#### [Instructions to follow]
This exercise calls for copying every line below that holds the word "JsNumber".

Collected data:
◇ ◇ ◇ ◇

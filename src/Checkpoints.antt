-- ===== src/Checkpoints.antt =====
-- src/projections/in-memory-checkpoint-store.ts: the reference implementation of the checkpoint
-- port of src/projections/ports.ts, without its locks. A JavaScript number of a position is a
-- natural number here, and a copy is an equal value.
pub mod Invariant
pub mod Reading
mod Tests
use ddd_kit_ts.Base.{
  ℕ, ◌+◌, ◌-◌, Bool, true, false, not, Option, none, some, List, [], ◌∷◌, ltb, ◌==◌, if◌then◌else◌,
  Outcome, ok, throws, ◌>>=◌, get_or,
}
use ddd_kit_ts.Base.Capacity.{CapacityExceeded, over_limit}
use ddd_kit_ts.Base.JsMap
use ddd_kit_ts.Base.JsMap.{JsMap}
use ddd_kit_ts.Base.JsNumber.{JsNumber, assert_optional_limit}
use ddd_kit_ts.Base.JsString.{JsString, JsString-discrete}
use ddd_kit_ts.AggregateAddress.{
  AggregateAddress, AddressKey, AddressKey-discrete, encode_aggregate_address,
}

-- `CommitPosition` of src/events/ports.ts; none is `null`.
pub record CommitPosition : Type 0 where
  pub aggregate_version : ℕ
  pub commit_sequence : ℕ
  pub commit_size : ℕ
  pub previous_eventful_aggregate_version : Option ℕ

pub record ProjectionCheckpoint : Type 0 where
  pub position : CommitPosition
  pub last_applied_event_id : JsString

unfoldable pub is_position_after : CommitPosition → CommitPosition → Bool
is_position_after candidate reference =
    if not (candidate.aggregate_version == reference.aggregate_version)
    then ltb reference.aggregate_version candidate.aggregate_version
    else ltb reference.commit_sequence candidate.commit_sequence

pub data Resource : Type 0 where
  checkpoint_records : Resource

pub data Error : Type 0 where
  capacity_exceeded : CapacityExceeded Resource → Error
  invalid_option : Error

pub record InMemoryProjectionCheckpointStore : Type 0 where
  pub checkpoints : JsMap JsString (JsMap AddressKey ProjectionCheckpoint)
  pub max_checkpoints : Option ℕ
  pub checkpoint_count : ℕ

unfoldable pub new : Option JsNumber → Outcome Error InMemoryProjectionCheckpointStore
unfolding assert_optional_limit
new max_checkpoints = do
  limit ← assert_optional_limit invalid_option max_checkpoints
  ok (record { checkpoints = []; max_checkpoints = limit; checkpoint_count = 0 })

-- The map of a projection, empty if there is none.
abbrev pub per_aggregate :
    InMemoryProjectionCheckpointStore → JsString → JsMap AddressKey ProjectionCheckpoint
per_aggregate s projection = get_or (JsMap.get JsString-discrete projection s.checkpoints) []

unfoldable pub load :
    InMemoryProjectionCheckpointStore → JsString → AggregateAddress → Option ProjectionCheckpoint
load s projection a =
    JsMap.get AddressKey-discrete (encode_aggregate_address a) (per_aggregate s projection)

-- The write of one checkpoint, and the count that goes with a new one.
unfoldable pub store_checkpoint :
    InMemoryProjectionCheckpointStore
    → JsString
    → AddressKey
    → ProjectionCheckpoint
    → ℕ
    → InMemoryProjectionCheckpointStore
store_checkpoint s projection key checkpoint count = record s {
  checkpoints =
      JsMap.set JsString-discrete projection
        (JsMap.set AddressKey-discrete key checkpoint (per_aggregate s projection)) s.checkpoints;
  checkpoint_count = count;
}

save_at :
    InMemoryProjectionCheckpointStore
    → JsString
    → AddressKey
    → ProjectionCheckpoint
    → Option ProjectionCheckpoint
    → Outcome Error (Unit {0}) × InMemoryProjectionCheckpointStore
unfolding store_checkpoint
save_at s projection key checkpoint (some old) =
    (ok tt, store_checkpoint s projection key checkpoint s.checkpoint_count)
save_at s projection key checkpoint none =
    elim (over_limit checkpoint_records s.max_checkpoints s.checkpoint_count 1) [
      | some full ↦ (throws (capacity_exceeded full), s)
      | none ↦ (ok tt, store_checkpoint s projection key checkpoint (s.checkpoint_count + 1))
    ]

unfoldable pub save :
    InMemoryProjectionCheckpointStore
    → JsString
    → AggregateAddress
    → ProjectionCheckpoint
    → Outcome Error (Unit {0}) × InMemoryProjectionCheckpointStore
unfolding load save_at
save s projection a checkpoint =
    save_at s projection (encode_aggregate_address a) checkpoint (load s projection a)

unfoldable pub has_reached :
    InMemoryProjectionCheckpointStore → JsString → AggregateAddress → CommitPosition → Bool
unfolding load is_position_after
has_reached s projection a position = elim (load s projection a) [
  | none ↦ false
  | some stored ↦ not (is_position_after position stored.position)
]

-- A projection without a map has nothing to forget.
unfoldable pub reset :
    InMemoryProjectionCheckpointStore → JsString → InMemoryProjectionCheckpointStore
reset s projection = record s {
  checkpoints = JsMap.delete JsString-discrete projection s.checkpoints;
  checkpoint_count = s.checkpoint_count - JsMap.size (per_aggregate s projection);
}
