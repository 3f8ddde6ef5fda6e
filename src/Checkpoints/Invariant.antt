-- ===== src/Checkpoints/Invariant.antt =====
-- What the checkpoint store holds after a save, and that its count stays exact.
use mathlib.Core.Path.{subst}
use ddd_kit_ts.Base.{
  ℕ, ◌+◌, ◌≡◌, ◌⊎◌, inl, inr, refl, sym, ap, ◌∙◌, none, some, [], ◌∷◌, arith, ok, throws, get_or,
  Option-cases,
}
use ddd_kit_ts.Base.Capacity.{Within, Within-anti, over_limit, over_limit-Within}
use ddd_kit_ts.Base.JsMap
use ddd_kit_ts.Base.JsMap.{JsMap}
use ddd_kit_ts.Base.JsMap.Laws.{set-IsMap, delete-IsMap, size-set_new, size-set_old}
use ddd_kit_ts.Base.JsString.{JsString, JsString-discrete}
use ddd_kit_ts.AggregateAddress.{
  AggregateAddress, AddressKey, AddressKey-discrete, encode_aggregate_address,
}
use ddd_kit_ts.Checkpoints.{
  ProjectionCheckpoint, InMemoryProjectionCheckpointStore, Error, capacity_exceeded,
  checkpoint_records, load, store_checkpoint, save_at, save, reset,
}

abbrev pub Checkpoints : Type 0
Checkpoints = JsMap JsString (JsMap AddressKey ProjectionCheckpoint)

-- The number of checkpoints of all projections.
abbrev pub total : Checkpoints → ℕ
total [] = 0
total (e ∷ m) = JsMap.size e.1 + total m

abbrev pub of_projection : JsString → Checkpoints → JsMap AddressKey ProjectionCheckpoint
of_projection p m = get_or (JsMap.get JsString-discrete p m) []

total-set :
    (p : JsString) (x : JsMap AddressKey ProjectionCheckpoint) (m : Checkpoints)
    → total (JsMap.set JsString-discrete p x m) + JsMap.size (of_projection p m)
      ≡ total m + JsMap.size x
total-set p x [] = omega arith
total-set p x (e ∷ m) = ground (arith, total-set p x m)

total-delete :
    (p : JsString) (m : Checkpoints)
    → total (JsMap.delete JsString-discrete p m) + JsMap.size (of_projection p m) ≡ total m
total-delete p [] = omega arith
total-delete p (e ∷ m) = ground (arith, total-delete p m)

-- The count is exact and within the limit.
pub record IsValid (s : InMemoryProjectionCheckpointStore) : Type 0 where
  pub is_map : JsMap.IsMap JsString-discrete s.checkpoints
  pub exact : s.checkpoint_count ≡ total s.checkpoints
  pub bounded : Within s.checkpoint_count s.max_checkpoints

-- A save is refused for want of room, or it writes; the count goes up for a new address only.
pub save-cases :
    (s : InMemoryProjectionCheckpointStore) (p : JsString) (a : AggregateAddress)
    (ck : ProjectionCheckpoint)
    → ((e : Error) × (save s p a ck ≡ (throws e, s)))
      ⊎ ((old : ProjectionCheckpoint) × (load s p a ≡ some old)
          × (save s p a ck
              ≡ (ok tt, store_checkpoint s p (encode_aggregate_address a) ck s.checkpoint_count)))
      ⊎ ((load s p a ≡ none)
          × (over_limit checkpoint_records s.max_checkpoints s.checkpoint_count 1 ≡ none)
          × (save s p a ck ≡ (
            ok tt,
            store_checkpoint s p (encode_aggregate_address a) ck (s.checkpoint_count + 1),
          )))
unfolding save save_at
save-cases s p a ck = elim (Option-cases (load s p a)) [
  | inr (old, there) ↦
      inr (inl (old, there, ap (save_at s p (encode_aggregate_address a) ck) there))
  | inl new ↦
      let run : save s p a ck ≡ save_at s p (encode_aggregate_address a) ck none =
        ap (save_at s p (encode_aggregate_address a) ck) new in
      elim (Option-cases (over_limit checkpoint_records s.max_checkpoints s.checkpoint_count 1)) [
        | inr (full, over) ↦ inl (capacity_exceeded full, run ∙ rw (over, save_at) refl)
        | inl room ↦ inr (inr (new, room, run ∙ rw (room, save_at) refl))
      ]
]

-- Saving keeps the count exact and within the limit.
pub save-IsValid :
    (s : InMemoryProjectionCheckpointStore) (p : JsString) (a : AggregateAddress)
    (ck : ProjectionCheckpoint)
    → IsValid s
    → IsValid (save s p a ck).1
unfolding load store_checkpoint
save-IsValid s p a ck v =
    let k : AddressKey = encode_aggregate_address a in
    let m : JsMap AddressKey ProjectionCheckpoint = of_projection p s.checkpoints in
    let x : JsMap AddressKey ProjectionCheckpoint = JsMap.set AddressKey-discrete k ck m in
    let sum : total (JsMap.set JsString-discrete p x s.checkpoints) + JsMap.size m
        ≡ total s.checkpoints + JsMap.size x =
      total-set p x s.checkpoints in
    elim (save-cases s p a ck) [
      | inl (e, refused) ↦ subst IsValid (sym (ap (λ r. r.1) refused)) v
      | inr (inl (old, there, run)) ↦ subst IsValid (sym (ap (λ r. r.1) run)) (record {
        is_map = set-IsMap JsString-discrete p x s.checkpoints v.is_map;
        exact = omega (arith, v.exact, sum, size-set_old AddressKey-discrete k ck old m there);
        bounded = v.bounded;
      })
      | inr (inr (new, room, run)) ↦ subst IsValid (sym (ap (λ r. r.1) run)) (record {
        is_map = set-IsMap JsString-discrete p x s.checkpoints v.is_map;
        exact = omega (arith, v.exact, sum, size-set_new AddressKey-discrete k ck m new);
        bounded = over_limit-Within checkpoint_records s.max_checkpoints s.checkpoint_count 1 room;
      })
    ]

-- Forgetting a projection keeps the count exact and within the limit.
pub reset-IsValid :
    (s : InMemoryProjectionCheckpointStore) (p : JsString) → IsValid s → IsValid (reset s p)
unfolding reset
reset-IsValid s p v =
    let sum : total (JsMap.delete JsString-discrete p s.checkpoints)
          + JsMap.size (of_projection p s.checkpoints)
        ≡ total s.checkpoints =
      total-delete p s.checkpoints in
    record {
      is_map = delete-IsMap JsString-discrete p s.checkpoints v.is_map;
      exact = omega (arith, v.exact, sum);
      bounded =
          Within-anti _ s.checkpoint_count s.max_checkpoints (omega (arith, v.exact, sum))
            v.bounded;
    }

◇ ◇ ◇ ◇

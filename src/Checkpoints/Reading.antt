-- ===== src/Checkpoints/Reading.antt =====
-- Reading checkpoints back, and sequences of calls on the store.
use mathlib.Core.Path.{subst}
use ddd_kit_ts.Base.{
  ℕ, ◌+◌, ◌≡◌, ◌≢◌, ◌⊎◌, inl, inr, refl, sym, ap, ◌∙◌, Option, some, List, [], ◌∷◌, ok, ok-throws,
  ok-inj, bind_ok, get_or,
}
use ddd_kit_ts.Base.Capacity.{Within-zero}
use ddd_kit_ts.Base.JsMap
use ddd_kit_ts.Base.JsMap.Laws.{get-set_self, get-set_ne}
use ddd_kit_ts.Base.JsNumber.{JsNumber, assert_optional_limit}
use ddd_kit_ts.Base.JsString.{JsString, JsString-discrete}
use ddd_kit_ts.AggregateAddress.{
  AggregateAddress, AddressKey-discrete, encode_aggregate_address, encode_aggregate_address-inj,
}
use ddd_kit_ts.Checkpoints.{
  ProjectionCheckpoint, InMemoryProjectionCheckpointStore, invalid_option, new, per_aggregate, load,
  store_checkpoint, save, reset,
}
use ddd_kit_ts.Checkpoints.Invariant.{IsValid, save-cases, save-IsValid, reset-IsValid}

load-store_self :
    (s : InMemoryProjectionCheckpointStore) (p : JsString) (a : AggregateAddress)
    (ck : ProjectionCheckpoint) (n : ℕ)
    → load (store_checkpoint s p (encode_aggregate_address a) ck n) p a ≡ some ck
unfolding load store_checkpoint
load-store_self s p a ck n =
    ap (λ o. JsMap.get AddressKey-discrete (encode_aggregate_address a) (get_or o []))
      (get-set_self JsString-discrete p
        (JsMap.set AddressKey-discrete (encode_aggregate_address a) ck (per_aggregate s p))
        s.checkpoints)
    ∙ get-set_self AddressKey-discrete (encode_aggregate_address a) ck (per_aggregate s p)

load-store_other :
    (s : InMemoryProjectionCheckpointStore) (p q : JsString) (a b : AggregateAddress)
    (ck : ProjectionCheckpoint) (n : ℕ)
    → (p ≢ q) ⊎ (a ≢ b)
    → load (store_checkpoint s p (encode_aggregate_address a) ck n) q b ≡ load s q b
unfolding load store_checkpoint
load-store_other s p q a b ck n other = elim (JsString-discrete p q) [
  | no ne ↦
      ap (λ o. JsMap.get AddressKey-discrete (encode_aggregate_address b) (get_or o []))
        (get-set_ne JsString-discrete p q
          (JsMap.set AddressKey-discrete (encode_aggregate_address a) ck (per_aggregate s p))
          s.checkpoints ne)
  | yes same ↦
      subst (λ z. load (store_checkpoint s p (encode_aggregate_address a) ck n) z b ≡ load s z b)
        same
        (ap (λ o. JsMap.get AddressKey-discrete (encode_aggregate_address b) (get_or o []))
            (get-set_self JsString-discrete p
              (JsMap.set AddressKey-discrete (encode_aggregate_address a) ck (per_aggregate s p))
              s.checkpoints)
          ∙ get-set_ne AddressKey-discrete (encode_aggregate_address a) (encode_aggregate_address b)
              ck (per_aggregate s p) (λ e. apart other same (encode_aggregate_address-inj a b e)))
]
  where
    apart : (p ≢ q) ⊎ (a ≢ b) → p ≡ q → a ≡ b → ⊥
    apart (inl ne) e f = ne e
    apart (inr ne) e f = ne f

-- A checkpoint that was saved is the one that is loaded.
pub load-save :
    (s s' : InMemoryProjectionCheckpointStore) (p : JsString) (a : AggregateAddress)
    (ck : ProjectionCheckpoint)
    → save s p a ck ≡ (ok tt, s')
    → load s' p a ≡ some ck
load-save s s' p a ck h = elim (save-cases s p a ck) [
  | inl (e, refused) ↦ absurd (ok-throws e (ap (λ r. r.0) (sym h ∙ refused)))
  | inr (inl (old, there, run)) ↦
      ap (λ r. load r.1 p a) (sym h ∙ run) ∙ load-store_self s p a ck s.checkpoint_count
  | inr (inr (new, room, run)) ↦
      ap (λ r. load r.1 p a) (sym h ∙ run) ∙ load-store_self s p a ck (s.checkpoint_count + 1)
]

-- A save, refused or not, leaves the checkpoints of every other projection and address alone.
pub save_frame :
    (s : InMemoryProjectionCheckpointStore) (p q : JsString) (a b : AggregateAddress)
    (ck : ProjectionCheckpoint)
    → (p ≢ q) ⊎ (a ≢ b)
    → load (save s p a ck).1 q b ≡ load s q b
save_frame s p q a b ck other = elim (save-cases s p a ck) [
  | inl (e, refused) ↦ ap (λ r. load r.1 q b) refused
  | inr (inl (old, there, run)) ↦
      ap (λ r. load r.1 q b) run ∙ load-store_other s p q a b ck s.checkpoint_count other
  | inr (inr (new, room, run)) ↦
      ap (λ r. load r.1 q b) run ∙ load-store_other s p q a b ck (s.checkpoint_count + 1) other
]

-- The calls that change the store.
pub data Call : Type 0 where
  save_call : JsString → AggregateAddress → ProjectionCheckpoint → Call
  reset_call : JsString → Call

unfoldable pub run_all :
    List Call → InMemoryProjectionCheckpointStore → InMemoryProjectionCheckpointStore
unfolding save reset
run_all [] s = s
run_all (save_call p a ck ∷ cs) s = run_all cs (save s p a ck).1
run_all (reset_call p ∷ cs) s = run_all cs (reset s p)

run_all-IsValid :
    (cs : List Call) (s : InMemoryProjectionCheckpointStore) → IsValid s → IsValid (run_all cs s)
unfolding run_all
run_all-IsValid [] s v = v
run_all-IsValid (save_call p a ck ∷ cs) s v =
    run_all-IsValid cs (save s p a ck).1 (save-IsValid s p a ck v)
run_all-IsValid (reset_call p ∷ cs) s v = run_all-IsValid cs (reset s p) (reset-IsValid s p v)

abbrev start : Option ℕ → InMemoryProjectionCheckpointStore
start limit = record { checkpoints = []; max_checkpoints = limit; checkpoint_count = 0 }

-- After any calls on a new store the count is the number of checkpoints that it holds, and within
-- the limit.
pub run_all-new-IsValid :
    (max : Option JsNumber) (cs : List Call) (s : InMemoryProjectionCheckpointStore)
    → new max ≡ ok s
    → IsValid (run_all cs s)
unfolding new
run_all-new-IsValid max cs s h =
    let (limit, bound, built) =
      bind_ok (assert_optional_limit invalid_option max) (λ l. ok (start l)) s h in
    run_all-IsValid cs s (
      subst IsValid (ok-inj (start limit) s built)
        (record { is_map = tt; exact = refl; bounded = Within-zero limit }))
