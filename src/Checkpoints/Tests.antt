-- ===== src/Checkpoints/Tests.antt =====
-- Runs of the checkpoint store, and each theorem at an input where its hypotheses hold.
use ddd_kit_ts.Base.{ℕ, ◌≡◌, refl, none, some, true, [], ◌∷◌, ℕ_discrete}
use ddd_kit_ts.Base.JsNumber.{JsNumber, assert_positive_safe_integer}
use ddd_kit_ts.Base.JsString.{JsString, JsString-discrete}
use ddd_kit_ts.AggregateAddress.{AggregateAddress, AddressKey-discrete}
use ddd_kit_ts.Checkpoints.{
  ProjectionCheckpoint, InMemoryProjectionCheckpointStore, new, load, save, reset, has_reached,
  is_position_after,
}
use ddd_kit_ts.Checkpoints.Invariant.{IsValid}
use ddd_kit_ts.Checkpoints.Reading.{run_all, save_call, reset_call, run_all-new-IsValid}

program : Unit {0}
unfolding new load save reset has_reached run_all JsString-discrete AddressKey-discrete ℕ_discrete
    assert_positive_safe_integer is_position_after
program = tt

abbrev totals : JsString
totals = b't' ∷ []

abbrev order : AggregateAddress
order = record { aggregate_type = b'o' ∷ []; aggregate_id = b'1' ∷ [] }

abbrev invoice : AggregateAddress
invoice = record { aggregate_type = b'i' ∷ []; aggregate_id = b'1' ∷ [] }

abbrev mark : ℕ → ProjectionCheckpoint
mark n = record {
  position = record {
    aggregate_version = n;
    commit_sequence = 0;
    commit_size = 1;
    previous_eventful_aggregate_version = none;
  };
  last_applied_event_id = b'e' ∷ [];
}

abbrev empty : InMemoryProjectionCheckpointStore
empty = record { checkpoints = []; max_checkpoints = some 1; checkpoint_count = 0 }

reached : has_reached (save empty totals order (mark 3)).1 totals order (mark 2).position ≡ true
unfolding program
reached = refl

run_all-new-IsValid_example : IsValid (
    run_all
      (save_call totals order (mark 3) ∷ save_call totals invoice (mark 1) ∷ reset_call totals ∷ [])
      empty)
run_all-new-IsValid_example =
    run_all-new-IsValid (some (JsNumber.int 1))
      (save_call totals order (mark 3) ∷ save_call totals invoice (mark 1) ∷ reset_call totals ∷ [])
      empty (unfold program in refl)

◇ ◇ ◇ ◇

#### [Finished exercise]
use ddd_kit_ts.Base.JsNumber.{JsNumber, assert_optional_limit}
unfoldable pub new : Option JsNumber → Outcome Error InMemoryProjectionCheckpointStore
use ddd_kit_ts.Base.JsNumber.{JsNumber, assert_optional_limit}
    (max : Option JsNumber) (cs : List Call) (s : InMemoryProjectionCheckpointStore)
use ddd_kit_ts.Base.JsNumber.{JsNumber, assert_positive_safe_integer}
    run_all-new-IsValid (some (JsNumber.int 1))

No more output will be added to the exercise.